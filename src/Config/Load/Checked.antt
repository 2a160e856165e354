-- ===== src/Config/Load/Checked.antt =====
-- What holds of a configuration that was loaded: backend-go/internal/config/config_loader.go.
use ccx.Base.{
  ℕ, zero, suc, ◌<◌, ◌≡◌, refl, ap, Bool, true, false, ◌||◌, Option, none, some, List, [], ◌∷◌,
  str_eq, leb, nat_eq, inl, inr, arith, if◌then◌else◌, any, length, map, count, All, Bool-cases,
}
use ccx.Config.Types.{
  ChannelKind, messages, responses, gemini, chat, images, UpstreamConfig, Config, channels_of,
}
use ccx.Config.Manager.{ConfigManager, ConfigError, Host}
use ccx.Config.Load.{
  RawConfig, lacks_keys, suspend_without_keys, validate_channel_keys, validated, save_if,
  load_migrated, load_config, has_status, with_status, activate_only, migrate_upstreams,
}

suspended_fits : (u : UpstreamConfig) → lacks_keys (with_status "suspended" u) ≡ false
suspended_fits u = ground arith

All-suspend_without_keys :
    (kind : ChannelKind) (us : List UpstreamConfig)
    → All (λ u. lacks_keys u ≡ false) (suspend_without_keys kind us).0
unfolding suspend_without_keys
All-suspend_without_keys kind [] = tt
All-suspend_without_keys kind (u ∷ us) = elim (Bool-cases (lacks_keys u)) [
  | inl e ↦ rw e (suspended_fits u, All-suspend_without_keys kind us)
  | inr e ↦ rw e (e, All-suspend_without_keys kind us)
]

channels_of-validate :
    (kind : ChannelKind) (cfg : Config)
    → channels_of (validate_channel_keys cfg).0 kind
      ≡ (suspend_without_keys kind (channels_of cfg kind)).0
unfolding channels_of validate_channel_keys
channels_of-validate messages cfg = refl
channels_of-validate responses cfg = refl
channels_of-validate gemini cfg = refl
channels_of-validate chat cfg = refl
channels_of-validate images cfg = refl

channels_of-save_if :
    (host : Host) (kind : ChannelKind) (m : ConfigManager) (cfg : Config) (changed : Bool)
    → channels_of (save_if host m (cfg, changed)).0.config kind ≡ channels_of cfg kind
unfolding channels_of save_if
channels_of-save_if host messages m cfg true = refl
channels_of-save_if host responses m cfg true = refl
channels_of-save_if host gemini m cfg true = refl
channels_of-save_if host chat m cfg true = refl
channels_of-save_if host images m cfg true = refl
channels_of-save_if host kind m cfg false = refl

validated-fits :
    (host : Host) (kind : ChannelKind) (saved : ConfigManager × Option ConfigError)
    → (validated host saved).1 ≡ none
    → All (λ u. lacks_keys u ≡ false) (channels_of (validated host saved).0.config kind)
unfolding validated
validated-fits host kind (m, some e) done = absurd (ground (arith, done))
validated-fits host kind (m, none) done =
    rw
      (
        channels_of-save_if host kind m (validate_channel_keys m.config).0
            (validate_channel_keys m.config).1,
        channels_of-validate kind m.config,
      )
      (All-suspend_without_keys kind (channels_of m.config kind))

-- After a configuration is loaded without an error, no channel of any kind is active without having an API key.
pub load_config-fits :
    (host : Host) (raw : RawConfig) (cfg : Config) (m : ConfigManager) (kind : ChannelKind)
    → (load_config host raw cfg m).1 ≡ none
    → All (λ u. lacks_keys u ≡ false) (channels_of (load_config host raw cfg m).0.config kind)
unfolding load_config
load_config-fits host raw cfg m kind done =
    validated-fits host kind (load_migrated host raw cfg m) done

abbrev pub is_active : UpstreamConfig → Bool
is_active u = str_eq u.status "active"

none_active : (us : List UpstreamConfig) → count is_active (map (with_status "disabled") us) ≡ 0
none_active [] = refl
none_active (u ∷ us) = none_active us

one_active :
    (i : ℕ) (us : List UpstreamConfig) → i < length us → count is_active (activate_only i us) ≡ 1
unfolding activate_only
one_active i [] h = absurd (omega arith)
one_active zero (u ∷ us) h = ap suc (none_active us)
one_active (suc i) (u ∷ us) h = one_active i us (omega arith)

-- The migration of an old configuration, where it changes the channels, leaves exactly one of them active, whatever the old
-- index was.
pub migrate_upstreams-one_active :
    (current : ℕ) (us : List UpstreamConfig)
    → (migrate_upstreams current us).1 ≡ true
    → count is_active (migrate_upstreams current us).0 ≡ 1
unfolding migrate_upstreams
migrate_upstreams-one_active current us changed =
    elim (Bool-cases (nat_eq (length us) 0 || any has_status us)) [
      | inl e ↦ absurd (ground (arith, rw (migrate_upstreams, e) at changed))
      | inr e ↦
          rw (migrate_upstreams, e)
            (one_active (if leb (length us) current then 0 else current) us (ground (arith, e)))
    ]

• • • • •

* **EXERCISE DESCRIPTION**
Across the listing, how many lines contain the word "ConfigManager"? Give the number without further comment.

* **TASK OUTPUT**
4